■ Raw data:
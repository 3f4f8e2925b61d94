-- ===== src/Tests/Redis.antt =====
-- The redis storage over a server that is a dict of texts.
use Prim.Native.Char.{code}
use chattice.Base.{
  ℕ, suc, zero, String, ◌≡◌, refl, ap, Bool, true, false, Option, none, some, List, [], ◌∷◌, arith,
  if◌then◌else◌, not, nat_beq, eq_iff, inl, inr,
}
use chattice.Base.Eq.{string_eq, option_eq, ◌==◌}
use chattice.Base.Text.{digit_char}
use chattice.Dict
use chattice.Dict.{Dict}
use chattice.Idempotency.Contract.{claimed, first}
use chattice.Idempotency.Memory.{Claim}
use chattice.Idempotency.Redis.{Server, Round, returned, lease_claim}
use chattice.Idempotency.Redis.Steps.{IsServer, claim_op}
use chattice.Idempotency.Redis.Linear.{perform, HasQuiet, IsLinear, perform-IsLinear}

abbrev write_flag : Bool → String → String
write_flag true s = String.◌∷◌ (digit_char 1) s
write_flag false s = String.◌∷◌ (digit_char 0) s

abbrev write_lease : ℕ → String → String
write_lease zero s = String.◌∷◌ (digit_char 0) s
write_lease (suc n) s = String.◌∷◌ (digit_char 1) (write_lease n s)

abbrev read_lease : String → Option (ℕ × String)
read_lease String.[] = none
read_lease (String.◌∷◌ c s) =
    if nat_beq (code c) 49
    then elim (read_lease s) [ none ↦ none | some (n, rest) ↦ some (suc n, rest) ]
    else some (0, s)

abbrev read_claim : Bool → Option (ℕ × String) → Option Claim
read_claim flag none = none
read_claim flag (some (n, owner)) =
    some (record { owner = owner; lease_until = n; completed = flag })

abbrev read_text : String → Option Claim
read_text String.[] = none
read_text (String.◌∷◌ c s) = read_claim (nat_beq (code c) 49) (read_lease s)

read-write_lease : (n : ℕ) (s : String) → read_lease (write_lease n s) ≡ some (n, s)
read-write_lease zero s = refl
read-write_lease (suc n) s = rw (read-write_lease n s) refl

read-write_text :
    (c : Claim) → read_text (write_flag c.completed (write_lease c.lease_until c.owner)) ≡ some c
read-write_text c = go c.completed c.lease_until c.owner
  where
    go :
        (flag : Bool) (n : ℕ) (owner : String)
        → read_text (write_flag flag (write_lease n owner))
          ≡ some (record { owner = owner; lease_until = n; completed = flag })
    go true n owner = ap (read_claim true) (read-write_lease n owner)
    go false n owner = ap (read_claim false) (read-write_lease n owner)

abbrev dicts : Server
dicts = record {
  State = Dict String String;
  get = λ s key. Dict.get s key;
  set = λ s key text px. Dict.put s key text;
  delete = λ s key. Dict.remove s key;
  changed = λ watched now key. not (Dict.get now key == Dict.get watched key);
  encode = λ c. write_flag c.completed (write_lease c.lease_until c.owner);
  decode = read_text;
}

dicts-IsServer : IsServer dicts
dicts-IsServer = record {
  get-set_self = λ s key text px. Dict.get-put_self s key text;
  get-set_ne = λ s key j text px ne. ground (arith, ne, eq_iff key j, Dict.get-put s key j text);
  get-delete_self = λ s key. Dict.get-remove_self s key;
  get-delete_ne = λ s key j ne. ground (arith, ne, eq_iff key j, Dict.get-remove s key j);
  unchanged = λ s t key h.
      ((option_eq {A = String} ⦃e = string_eq⦄).beq_iff (Dict.get t key) (Dict.get s key)).0
        (ground (arith, h));
  decode-encode = read-write_text;
}

-- A claim of "a" whose lease has run out; another client takes a look, and touches another key meanwhile.
abbrev start : Dict String String
start = ("m1", dicts.encode (lease_claim "a" 3)) ∷ []

abbrev rounds : List (Round dicts)
rounds =
    (record {
      before = λ s. s;
      meanwhile = λ s. Dict.put s "m1" (dicts.encode (lease_claim "a" 4));
      now = 5;
    })
    ∷ (record { before = λ s. s; meanwhile = λ s. Dict.put s "m2" "x"; now = 6 })
    ∷ []

rounds-HasQuiet : HasQuiet dicts "m1" start rounds
unfolding Dict.get Dict.put
rounds-HasQuiet = inr (inl refl)

perform-IsLinear_example :
    IsLinear dicts
      (claim_op "b" 10 5)
      "m1"
      start
      rounds
      (perform dicts (claim_op "b" 10 5) "m1" rounds start)
perform-IsLinear_example =
    perform-IsLinear dicts dicts-IsServer (claim_op "b" 10 5) "m1" rounds start rounds-HasQuiet

taken_over : (perform dicts (claim_op "b" 10 5) "m1" rounds start).0 ≡ returned (claimed first)
unfolding perform Dict.get Dict.put
taken_over = refl
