-- ===== src/Tests/Storages.antt =====
-- The in-process storages on concrete histories.
use chattice.Base.{
  ℕ, ◌≡◌, ◌≢◌, ◌↔◌, ◌⊎◌, inl, inr, Bool-cases, if◌then◌else◌, sym, ◌∙◌, refl, ap, str_eq, eq_iff,
  String, true, false, none, some, List, [], ◌∷◌, arith, All,
}
use mathlib.Core.Path.{subst}
use mathlib.Core.Option.{some-injective}
use chattice.Base.Eq.{string_eq}
use chattice.Base.Int.{pos}
use chattice.Dict
use chattice.Events.{Event, event, added_to_space, no_context}
use chattice.Idempotency.Contract.{first, held, done, claimed, run, replies}
use chattice.Idempotency.Memory.{Storage, init, claim, complete, release, renew}
use chattice.Idempotency.Memory.Refines.{Op, claim_op, complete_op, perform, status}
use chattice.Idempotency.Memory.Exclusion.{
  perform_all, calls_on, replies_on, perform_all-refines, claim_exclusive, complete_absorbs,
  takeover_disarms,
}
use chattice.Fsm.Key.{
  user, StorageKey, key_eq, key_beq, user_name, space_name, thread_name, Keyed, build, build-Keyed,
}
use chattice.Fsm.Json.{Object, py_enum, py_str, text, integer, require_json_value}
use chattice.Fsm.Json.Revalidate.{embed, IsDict, require_json_value_idem}
use chattice.Fsm.Memory
use chattice.Fsm.Record.{
  FsmRecord, MemoryRecords, get_record, replace_current, call, expired, compare_and_set, RecordCall,
  cas_call, calls,
}
use chattice.Fsm.Record.Data.{require_dict, embed_dict, IsData}
use chattice.Fsm.Record.Revisions.{
  Persistent, is_stored, compare_and_set_exact, expired_revision_reused,
}
use chattice.Fsm.Record.Storage.{
  Round, returned, running, write, make_record, after_pass, update_data,
}
use chattice.Fsm.Record.Storage.Updates.{Merged, calls_in, update_data_merges, update_data_ends}
use chattice.Fsm.Context.{memory_storage, get_data, call as context_call, state_filter}
use chattice.Fsm.Context.Routing.{Admits, state_filter-call}
use chattice.Fsm.Contract.{set_state_call, finish_call, StorageCall, update_data_call, effect}
use chattice.Fsm.Contract.InMemory.{view, view-perform_self, view-perform_ne}
use chattice.Fsm.Contract.InMemory
use chattice.Fsm.Contract.OverRecords
use chattice.Fsm.Contract.OverRecords.{Valid, Effect, perform-Effect}

distinct : (a b : String) → str_eq a b ≡ false → a ≢ b
distinct a b h e = ground (arith, eq_iff a b)

abbrev rivals : List (String × Op)
rivals = ("m1", claim_op "b" 10 5 6) ∷ ("m2", claim_op "b" 10 5 6) ∷ ("m1", complete_op "b") ∷ []

-- The storage after owner `a` has claimed `m1` from time 1 to time 11.
abbrev claimed_m1 : Storage
claimed_m1 = (perform init ("m1", claim_op "a" 10 0 1)).0

perform_all-refines_example :
    (status (perform_all init rivals) "m1" ≡ run (status init "m1") (calls_on "m1" rivals))
    × (replies_on "m1" init rivals ≡ replies (status init "m1") (calls_on "m1" rivals))
perform_all-refines_example = perform_all-refines "m1" init rivals

claim_exclusive_example :
    All (λ r. r ≢ claimed first) (replies_on "m1" claimed_m1 rivals)
    × (status (perform_all claimed_m1 rivals) "m1" ≡ held "a" 11)
unfolding perform claim Dict.get
claim_exclusive_example =
    claim_exclusive init "m1" "a" 10 0 1 rivals claims (omega arith, (distinct "a" "b" refl, tt))
  where
    claims : (perform init ("m1", claim_op "a" 10 0 1)).1 ≡ claimed first
    claims = refl

takeover_disarms_example :
    (let taken = (claim claimed_m1 "m1" "b" 10 12 13).0 in
      ((claim claimed_m1 "m1" "b" 10 12 13).1 ≡ first)
      × (complete taken "m1" "a" ≡ taken)
      × (release taken "m1" "a" ≡ taken)
      × ((l t : ℕ) → renew taken "m1" "a" l t ≡ (taken, false)))
unfolding perform claim status Dict.get Dict.put
takeover_disarms_example =
    takeover_disarms claimed_m1 "m1" "a" "b" 11 10 12 13 (distinct "a" "b" refl) refl (omega arith)

complete_absorbs_example :
    All
      (λ r. r ≢ claimed first)
      (replies_on "m1" (perform claimed_m1 ("m1", complete_op "a")).0 rivals)
    × (status (perform_all (perform claimed_m1 ("m1", complete_op "a")).0 rivals) "m1" ≡ done "a")
unfolding status Dict.get perform claim Dict.put
complete_absorbs_example = complete_absorbs claimed_m1 "m1" "a" 11 rivals holds (tt, (tt, tt))
  where
    holds : status claimed_m1 "m1" ≡ held "a" 11
    holds = refl

abbrev ada : StorageKey
ada = record { user = some "users/ada"; space = none; thread = none }

abbrev bob : StorageKey
bob = record { user = some "users/bob"; space = none; thread = none }

abbrev of_ada : Event
of_ada =
    event
      (record no_context {
        actor = some (record { name = some "users/ada"; display_name = none; type = none });
      })
      added_to_space

build-Keyed_example : (build of_ada user ≡ some ada) ↔ Keyed user (some "users/ada") none none ada
unfolding user_name space_name thread_name
build-Keyed_example = build-Keyed of_ada user ada

abbrev colour : Object
colour = py_enum (py_str "red")

require_json_value_idem_example : require_json_value (embed (text "red")) ≡ some (text "red")
unfolding require_json_value
require_json_value_idem_example = require_json_value_idem colour (text "red") refl

abbrev step_one : StorageCall
step_one = update_data_call (("step", integer (pos 1)) ∷ [])

view-perform_self_example :
    view (InMemory.perform Memory.init ada step_one) ada ≡ effect step_one (view Memory.init ada)
view-perform_self_example = view-perform_self Memory.init ada step_one

-- A record of revision 1 without a time to live.
abbrev stored_record : FsmRecord
stored_record = record {
  state = some "Order:size";
  data_fields = ("size", text "M") ∷ [];
  revision = 1;
  updated_at = some 3;
  expires_at = none;
  schema_version = 0;
}

abbrev one_record : MemoryRecords
one_record = record { records = (ada, stored_record) ∷ [] }

one_record-Persistent : Persistent one_record
unfolding Dict.get
one_record-Persistent = record { at = λ k r h. ground (arith, h) }

-- Another task stores the record of `bob`, and one overtakes the record of `ada`.
abbrev elsewhere : List RecordCall
elsewhere = cas_call bob 0 stored_record 5 5 ∷ []

abbrev overtaken : List RecordCall
overtaken = cas_call ada 1 stored_record 5 5 ∷ []

compare_and_set_exact_example :
    (is_stored (compare_and_set (calls one_record overtaken) ada 1 stored_record 6 6).1 ≡ true)
    ↔ (Dict.get (calls one_record overtaken).records ada ≡ Dict.get one_record.records ada)
unfolding Dict.get key_beq
compare_and_set_exact_example =
    compare_and_set_exact one_record overtaken ada stored_record 6 6 one_record-Persistent
      (refl, tt)

-- A record that lives until time 9.
abbrev short_lived : FsmRecord
short_lived = record stored_record { expires_at = some 9 }

abbrev one_short_lived : MemoryRecords
one_short_lived = record { records = (ada, short_lived) ∷ [] }

expired_revision_reused_example :
    (is_stored (compare_and_set one_short_lived ada 0 stored_record 10 10).1 ≡ true)
    × (let s = (compare_and_set one_short_lived ada 0 stored_record 10 10).0 in
        let s' = (compare_and_set s ada 1 short_lived 11 11).0 in
        Dict.get s'.records ada ≡ some (record short_lived { revision = 2; updated_at = some 11 }))
unfolding Dict.get key_beq
expired_revision_reused_example =
    expired_revision_reused one_short_lived ada short_lived stored_record short_lived 9 10 10 11 11
      refl refl refl (omega arith) refl

abbrev partial : Dict.Dict String Object
partial = ("step", py_str "two") ∷ []

-- Another task overtakes the first pass; the second is left alone.
abbrev overtaken_round : Round
overtaken_round = record { read = 4; between = overtaken; now = 5; later = 5 }

abbrev quiet_round : Round
quiet_round = record { read = 6; between = []; now = 6; later = 6 }

abbrev two_rounds : List Round
two_rounds = overtaken_round ∷ quiet_round ∷ []

abbrev merged : Dict.Dict String Object
merged = ("size", py_str "M") ∷ ("step", py_str "two") ∷ []

update_data_merges_example :
    (n : ℕ) × Merged ada partial
      (calls one_record (calls_in n two_rounds))
      (update_data one_record ada partial two_rounds).0
      merged
unfolding update_data get_record compare_and_set replace_current write make_record require_dict
    after_pass calls call expired embed_dict embed key_beq Dict.get Dict.put Dict.update
    require_json_value
update_data_merges_example =
    update_data_merges one_record (update_data one_record ada partial two_rounds).0 ada partial
      merged two_rounds refl one_record-Persistent ((refl, tt), (tt, tt))

update_data_ends_example : (update_data one_record ada partial two_rounds).1 ≢ running
update_data_ends_example =
    update_data_ends one_record ada partial (overtaken_round ∷ []) quiet_round refl
      one_record-Persistent ((refl, tt), tt)

one_record-Valid : Valid one_record
unfolding Dict.get IsDict
one_record-Valid = record {
  persistent = one_record-Persistent;
  at = λ k r h. at_record k r (Bool-cases (key_beq ada k)) h;
}
  where
    at_record :
        (k : StorageKey) (r : FsmRecord)
        → ((key_beq ada k ≡ true) ⊎ (key_beq ada k ≡ false))
        → Dict.get one_record.records k ≡ some r
        → IsData r.data_fields
    at_record k r (inl same) h =
        let e : some stored_record ≡ some r =
          sym (ap (λ b. if b then some stored_record else none) same) ∙ h in
        subst (λ q. IsData q.data_fields) (some-injective stored_record r e) (tt, tt)
    at_record k r (inr other) h = ground (arith, other, h)

perform-Effect_example :
    ((OverRecords.perform one_record ada 4 5 5 step_one).1 ≡ returned tt)
    × Effect one_record ada 4 5 5 step_one (OverRecords.perform one_record ada 4 5 5 step_one).0
unfolding IsDict
perform-Effect_example = perform-Effect one_record ada 4 5 5 step_one one_record-Valid (tt, tt)

state_filter-call_example :
    ((state_filter
          ("Order:size" ∷ [])
          (some (some ada))
          (InMemory.perform Memory.init ada (set_state_call (some "Order:size")))
        ≡ true)
      ↔ Admits ("Order:size" ∷ []) "Order:size")
    × (state_filter
          ("Order:size" ∷ [])
          (some (some ada))
          (InMemory.perform Memory.init ada finish_call)
        ≡ false)
    × (get_data (some ada) (InMemory.perform Memory.init ada finish_call) ≡ [])
    × (state_filter
          ("Order:size" ∷ [])
          (some (some bob))
          (InMemory.perform Memory.init ada (set_state_call (some "Order:size")))
        ≡ state_filter ("Order:size" ∷ []) (some (some bob)) Memory.init)
    × (state_filter
          ("Order:size" ∷ [])
          (some (some bob))
          (InMemory.perform Memory.init ada finish_call)
        ≡ state_filter ("Order:size" ∷ []) (some (some bob)) Memory.init)
unfolding context_call
state_filter-call_example =
    state_filter-call ada bob "Order:size" ("Order:size" ∷ []) Memory.init
      (InMemory.perform Memory.init ada (set_state_call (some "Order:size")))
      (InMemory.perform Memory.init ada finish_call) ne refl refl
  where
    ne : ada ≢ bob
    ne e = distinct "users/ada" "users/bob" refl (some-injective _ _ (ap (λ k. k.user) e))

■ Assignment:
Extract, please, the lines from the start of the entries above through the one with "go true n owner", both included, reproducing each exactly and adding nothing.

■ Exercise result:
repository 3f4f8e2925b61d94
-- ===== src/Tests/Redis.antt =====
-- The redis storage over a server that is a dict of texts.
use Prim.Native.Char.{code}
use chattice.Base.{
  ℕ, suc, zero, String, ◌≡◌, refl, ap, Bool, true, false, Option, none, some, List, [], ◌∷◌, arith,
  if◌then◌else◌, not, nat_beq, eq_iff, inl, inr,
}
use chattice.Base.Eq.{string_eq, option_eq, ◌==◌}
use chattice.Base.Text.{digit_char}
use chattice.Dict
use chattice.Dict.{Dict}
use chattice.Idempotency.Contract.{claimed, first}
use chattice.Idempotency.Memory.{Claim}
use chattice.Idempotency.Redis.{Server, Round, returned, lease_claim}
use chattice.Idempotency.Redis.Steps.{IsServer, claim_op}
use chattice.Idempotency.Redis.Linear.{perform, HasQuiet, IsLinear, perform-IsLinear}

abbrev write_flag : Bool → String → String
write_flag true s = String.◌∷◌ (digit_char 1) s
write_flag false s = String.◌∷◌ (digit_char 0) s

abbrev write_lease : ℕ → String → String
write_lease zero s = String.◌∷◌ (digit_char 0) s
write_lease (suc n) s = String.◌∷◌ (digit_char 1) (write_lease n s)

abbrev read_lease : String → Option (ℕ × String)
read_lease String.[] = none
read_lease (String.◌∷◌ c s) =
    if nat_beq (code c) 49
    then elim (read_lease s) [ none ↦ none | some (n, rest) ↦ some (suc n, rest) ]
    else some (0, s)

abbrev read_claim : Bool → Option (ℕ × String) → Option Claim
read_claim flag none = none
read_claim flag (some (n, owner)) =
    some (record { owner = owner; lease_until = n; completed = flag })

abbrev read_text : String → Option Claim
read_text String.[] = none
read_text (String.◌∷◌ c s) = read_claim (nat_beq (code c) 49) (read_lease s)

read-write_lease : (n : ℕ) (s : String) → read_lease (write_lease n s) ≡ some (n, s)
read-write_lease zero s = refl
read-write_lease (suc n) s = rw (read-write_lease n s) refl

read-write_text :
    (c : Claim) → read_text (write_flag c.completed (write_lease c.lease_until c.owner)) ≡ some c
read-write_text c = go c.completed c.lease_until c.owner
  where
    go :
        (flag : Bool) (n : ℕ) (owner : String)
        → read_text (write_flag flag (write_lease n owner))
          ≡ some (record { owner = owner; lease_until = n; completed = flag })
    go true n owner = ap (read_claim true) (read-write_lease n owner)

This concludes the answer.